Verano norteño | Mujerhoy.com

¡Bendito verano! Nos ponemos en marcha. Ya tengo todo metido en el coche, apretadito y optimizando el espacio.

¡Cuánto trasto, por Dios! ¿Necesitamos tanta cosa? Vamos, en ruta. Rumbo al norte. Iré despacio y pararé a cada poco para agua, pis… y lo que cuadre. Entre adivinanzas para entretener el camino, canciones infantiles, medio siestas de los peques y algún que otro peaje, tras unas cuantas curvas como procede en cualquier paraíso escondido, llegaré a casa. Mi casa, mi tierra que, por un momento, hará que el tiempo se detenga y los míos vivan la misma infancia que yo he vivido y que viven casi todos los fines de semana que podemos. Pero esta vez, el fin de semana no se acabará en domingo por la tarde. Se alargará igual que se acortan los días. Planes sencillos, pero llenos de significado.

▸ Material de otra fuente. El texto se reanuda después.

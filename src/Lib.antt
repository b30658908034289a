-- ===== src/Lib.antt =====
-- The Go program crdb-sql: tools that parse, check, format and run SQL for CockroachDB from a command
-- line and from an MCP server. This library models the parts of it that decide something by
-- themselves. Code outside the repository (the SQL parser, the operating system, the Go runtime) is an
-- argument of the definitions that use it.
--
-- Safety, internal/safety: before a statement reaches a cluster, `Check` (allowlist.go) parses the
-- text and classifies each statement by the mode and the operation. Safety/Mode.antt has the modes and
-- `ParseMode`, Safety/Statement.antt what the gate reads of a parsed statement, Safety/Allowlist.antt
-- the classifiers and `CheckParsed`. A violation becomes the error of Safety/Envelope.antt
-- (envelope.go), with a hint at the mode that would admit the statement. Safety/Limit.antt (limit.go)
-- puts a LIMIT on a lone unbounded SELECT that passed.
--
-- Simulate, internal/conn/simulate.go: behind that gate, each statement of a simulation goes to the
-- cluster under a flavour of EXPLAIN. The cluster is a function from the requests so far and the next
-- one to whether that succeeds.
--
-- Execute, internal/conn/execute.go and internal/mcp/tools/execute.go: Execute.antt runs one statement
-- in a transaction of the mode's shape. The driver is a function from the calls so far to what it
-- answers, and the model keeps the list of calls. Execute/Arguments.antt reads the arguments of the
-- tool execute_sql, Execute/Tool.antt is its handler: strip, parse, gate, LIMIT, TLS parameters, run.
-- Execute/Script.antt and Execute/Conversation.antt say which calls are made, Execute/Fits.antt and
-- Execute/Admitted.antt which of them the gate lets through. Tls, internal/conn/tls.go: the TLS
-- parameters that are merged into a connection string, with net/url as an argument.
--
-- Explain, internal/conn/explain_parse.go: the operators of a plan from the rows of EXPLAIN, by the
-- column of each bullet. Explain/Drawn.antt says how a plan is drawn, Explain/Spine.antt where the
-- pointers of the parser lead, Explain/Lines.antt what it reads in one row.
--
-- Shape, internal/conn/explain_ddl_parse.go: the operations and targets of a schema change from the
-- text of EXPLAIN (DDL, SHAPE).
--
-- Diag, internal/diag/error.go and category.go: errors of the parser, of the type checker and of a
-- cluster as entries of the envelope. Diag.antt has the three conversions, Diag/Runes.antt the token
-- and the character that a position names.
--
-- Route, internal/versionroute: one binary per quarter of the parser; the one that is called reads
-- the target version and runs the backend of its quarter. Route/Quarter.antt has quarters and their
-- texts, Route/Args.antt the scan of the arguments, Route/Built.antt how a binary knows its own
-- quarter, Route/Discover.antt the search for backends, Route/Reexec.antt the decision `maybeReexec`.
--
-- Version, internal/version and internal/output/version.go: Version/Target.antt checks a target
-- version where it is supplied; Version/Registry.antt has the version range of each feature, with the
-- panics of `NewRegistry` and `compareMajorMinor` as values, Version/Features.antt the seeded entries,
-- Version/Inspect.antt the detector of features and the warnings, Version/Inspect/Uses.antt which
-- features a statement uses.
--
-- Pool, internal/mcp/proxy/pool.go: `PoolRouter` maps a quarter to a warm backend, shared by
-- the threads of an MCP server. Pool.antt has the state and what is done under one mutex,
-- Pool/System.antt the threads: a `Dispatch`, a sweep of the janitor and `Close` go on in steps that
-- end where a mutex is taken or released or where the environment answers, and a list of events says
-- in which order, with the clock, the machine and the outcome of each start and call. An entry is a
-- number, so that a stale pointer is one too. Pool/Invariant.antt has the invariant of the pool,
-- Pool/Threads.antt what each thread knows where it stands, Pool/Ownership.antt who holds a mutex. A dispatch tries 18 times at most.
--
-- Mcp, internal/mcp/routing.go and `resolveTargetVersion` of internal/mcp/tools/tools.go: each tool
-- call of a server is answered by it or, through the pool, by the backend of the target's quarter.
--
-- Risk, internal/risk: rules over parsed statements. Risk/Tree.antt has what the rules read of the
-- parser's trees, Risk.antt `NewRegistry`, `AnalyzeParsed` and `positionFromSQL`, Risk/Rules.antt,
-- Risk/Selects.antt and Risk/Schema.antt the rules on one statement, Risk/Txn.antt those on explicit
-- transactions with `explicitTxnBlocks`, and Risk/Defaults.antt the default set. Risk/Between.antt
-- describes the slice of a block's statements.
--
-- Strip, internal/sqlformat/strip.go: shell prompts are cut from pasted text, and offsets in what is
-- left are mapped back. Strip/Prompt.antt has the two regular expressions as matchers by hand: every
-- repetition takes the longest run, which is what the expressions match, since no byte that may
-- follow a repetition is in its class.
--
-- Position and Suggest, internal/diag/position.go and suggest.go: lines and columns of an offset, and
-- the candidates close to a misspelled name by the Levenshtein distance. Keyword,
-- internal/diag/keywords.go: the same for keywords, by a distance that counts a transposition once.
--
-- Text and Prelude model the Go library's functions on strings that these use, and shared helpers.
-- Texts are lists of bytes, in Explain and Shape of code points. Numbers of Go's `int` are integers without a bound, except in `Atoi` and
-- `ParseUint`, which refuse what does not fit 64 and 32 bits, and in the timeout of a statement, which
-- wraps around at 64 bits; lengths and offsets are far below those bounds. Printing a number has fuel, one more than the number, and each step divides
-- by ten, so it is enough. All other functions are structural.
--
-- Not modelled: the lower case and white space of texts outside ASCII, the confidence of a suggestion
-- (a floating-point number), the texts of some errors, and the packages that run statements or speak
-- protocols (the rest of internal/conn and internal/mcp, cmd), inspect trees of the parser in depth
-- (internal/semcheck, internal/summarize), or hold generated tables (internal/builtinstubs). Of the
-- handler of execute_sql the warnings on versions, the translation of positions and the JSON are left
-- out, and the mode is given as `resolveSafetyMode` returns it.
pub mod Prelude
pub mod Text
pub mod Safety
pub mod Route
pub mod Strip
pub mod Position
pub mod Pool
pub mod Suggest
pub mod Execute
pub mod Shape
pub mod Diag
pub mod Explain
pub mod Tls
pub mod Keyword
pub mod Version
pub mod Tests
pub mod Risk
pub mod Mcp
pub mod Simulate
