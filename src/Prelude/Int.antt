-- ===== src/Prelude/Int.antt =====
-- Go's `int` where a value may be negative. A bound on its 64 bits is stated where it matters.
use Prim.Native.Nat.{ℕ}

-- `negsuc n` is -(n + 1).
pub data ℤ : Type 0 where
  pos : ℕ → ℤ
  negsuc : ℕ → ℤ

Uno se agota casi más en estas fechas que en otras épocas del año.

Bajar a la plaza, volar en bici, pasear con amigos y primos y bailar en las verbenas de los barrios que estén de fiesta. Son cosas que hemos hecho todos o casi todos y que repetimos cada verano o momento libre que nos regala la vida. Lo cierto es que uno se agota casi más en estas fechas que en otras épocas del año. Por lo intenso de las vivencias y la ilusión que le ponemos a todo. No paramos de hacer planes, bocadillos, meriendas de fruta y entretenimiento para los inagotables pequeños de la casa, que siempre quieren más. ¡A veces me pregunto de dónde sacan tanta energía! Madre, padre lo sabes, pero te lo recuerdo –y si no lo sabías, ahora es el momento de enterarte–: si pensabas que el verano era para descansar, creo que mereces una aclaración, con niños no es así. La cabeza descansa, eso sí, y el móvil con su embaucadora y a ratos absurda e innecesaria conexión al mundo, se queda abandonado en el fondo del bolso sin que te acuerdes de que existe, como un submarino de guerra que un día fue clave para espiarlo todo. Se acabó mirar la vida ajena, los mensajes o llamadas que anegan instantes preciados. ¡Eso es gloria! Pero el cuerpo no para. Al menos, el mío. Me doy mis homenajes particulares y privados.

Esos que necesito y sin los que no concibo la felicidad plena. Aprovecho para subir montes, correr senderos —bidegorri lo llamamos— y beber de las fuentes en los caminos de barrios con nombres topónimos que me enamoran. Perduran ahí, con sus ermitas y bancos de piedra arenisca llena de musgo o caliza erosionada. Y, una vez más, entiendo por qué soy como soy y por qué estoy ligada a la tierra como a nada. Las huertas regalan tomates y pimientos y los campos descansan un poco con el maíz que se recoge.

No es un spa de lujo en un hotel de ensueño. Es algo mucho mejor.

Es momento de atrapar ranas en el río y grillos cuando cae el esquivo sol. Si puedo, ‘suelto a la infantería’ por las campas frescas del norte y disfruto con el alboroto que se crea hasta que llega la puesta de sol. Un café con hielo y una charla mirando al horizonte, donde se cuela alguna que otra hortensia. Huele rico junto al mar o la hierba recién cortada, esa que se amontona para el invierno. Las ovejas pastan a gusto ya esquiladas y las vacas se tumban a la sombra. No hay chiringuitos ni chill outs. Ni flotadores gigantes con forma de pelícanos que están tan de moda. No. No son playas exóticas ni cruceros de lujo. Es costa mirando al Cantábrico, es fresco casi todo el día. Incluso, lluvia. No es un spa de lujo en un hotel de ensueño. Es algo mucho mejor. Es despertarme sin prisas. Es una siesta interrumpida por un beso furtivo en la frente y olor a higos y pastel. Y tantas otras cosas… Todo esto a mí me convence. Aunque sean días de frenética experiencia diaria, siento que, por fin, hago lo que quiero. Eso son vacaciones para mi cabeza y mi alma, atrapadas por el reloj y la inmediatez.